Provided data:

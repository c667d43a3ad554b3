-- ===== src/Query/Update.antt =====
-- ormpp/query.hpp, `update_builder` and its stages: how the clauses of an `update_context` are set.
pub mod Values
mod Examples
use ormpp.Base.{List, [], ◌∷◌, ◌++◌, Option, none, some, Bytes, codes}
use ormpp.Utility.Escape.{to_str}
use ormpp.Query.Where.{WhereCondition, to_sql, ColInfo}
use ormpp.Query.Partition.{Bound, raw_sql, value}
use ormpp.Query.Delete.{UpdateContext}

-- A call of `set`, whose value is raw SQL or a value, or of `set_null`.
pub data Assignment : Type 0 where
  set : ColInfo → Bound → Assignment
  set_null : ColInfo → Assignment

-- `append_set`, and the text of `set_null`
unfoldable pub append_set : Bytes → Assignment → Bytes
append_set sql (set field (raw_sql raw)) = sql ++ (field.name ++ (codes "=" ++ raw))
append_set sql (set field (value v)) = sql ++ (field.name ++ (codes "=" ++ to_str v))
append_set sql (set_null field) = sql ++ (field.name ++ codes "=NULL")

-- The calls on `stage_update_set`
unfoldable pub set_more : Bytes → List Assignment → Bytes
unfolding append_set
set_more sql [] = sql
set_more sql (a ∷ more) = set_more (append_set (sql ++ codes ",") a) more

-- A first call on the builder, further ones, and `where` or `execute_all`
unfoldable pub update_context : Assignment → List Assignment → Option WhereCondition → UpdateContext
unfolding set_more
update_context a more none = record {
  set_clause = set_more (append_set [] a) more;
  where_clause = [];
}
update_context a more (some w) = record {
  set_clause = set_more (append_set [] a) more;
  where_clause = to_sql w;
}
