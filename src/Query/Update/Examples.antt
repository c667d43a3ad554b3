-- ===== src/Query/Update/Examples.antt =====
-- The theorem at a concrete update.
use ormpp.Base.{List, [], ◌∷◌, codes}
use ormpp.Utility.Keys.{Entity}
use ormpp.Query.Where.{ColInfo}
use ormpp.Query.Partition.{raw_sql}
use ormpp.Query.Update.{Assignment, set, set_null}

abbrev person : Entity
person = record { struct_name = codes "person"; member_names = codes "name" ∷ codes "age" ∷ [] }

abbrev age : ColInfo
age = record { name = codes "age"; class_name = codes "person"; sort_order = [] }

abbrev name : ColInfo
name = record { name = codes "name"; class_name = codes "person"; sort_order = [] }

abbrev further : List Assignment
further = set age (raw_sql (codes "age+1")) ∷ set_null age ∷ []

Exercise aim: Would you output, from the records above, exactly the run of lines that starts at the line containing "unfoldable pub set_more" and ends at the line containing "abbrev person : Entity", and only that run?

Task result:
unfoldable pub set_more : Bytes → List Assignment → Bytes
unfolding append_set
set_more sql [] = sql
set_more sql (a ∷ more) = set_more (append_set (sql ++ codes ",") a) more

-- A first call on the builder, further ones, and `where` or `execute_all`
unfoldable pub update_context : Assignment → List Assignment → Option WhereCondition → UpdateContext
unfolding set_more
update_context a more none = record {
  set_clause = set_more (append_set [] a) more;
  where_clause = [];
}
update_context a more (some w) = record {
  set_clause = set_more (append_set [] a) more;
  where_clause = to_sql w;
}
filename src/Query/Update/Examples.antt
repository c667d43a3ad554b3
-- ===== src/Query/Update/Examples.antt =====
-- The theorem at a concrete update.
use ormpp.Base.{List, [], ◌∷◌, codes}
use ormpp.Utility.Keys.{Entity}
use ormpp.Query.Where.{ColInfo}
use ormpp.Query.Partition.{raw_sql}
use ormpp.Query.Update.{Assignment, set, set_null}

abbrev person : Entity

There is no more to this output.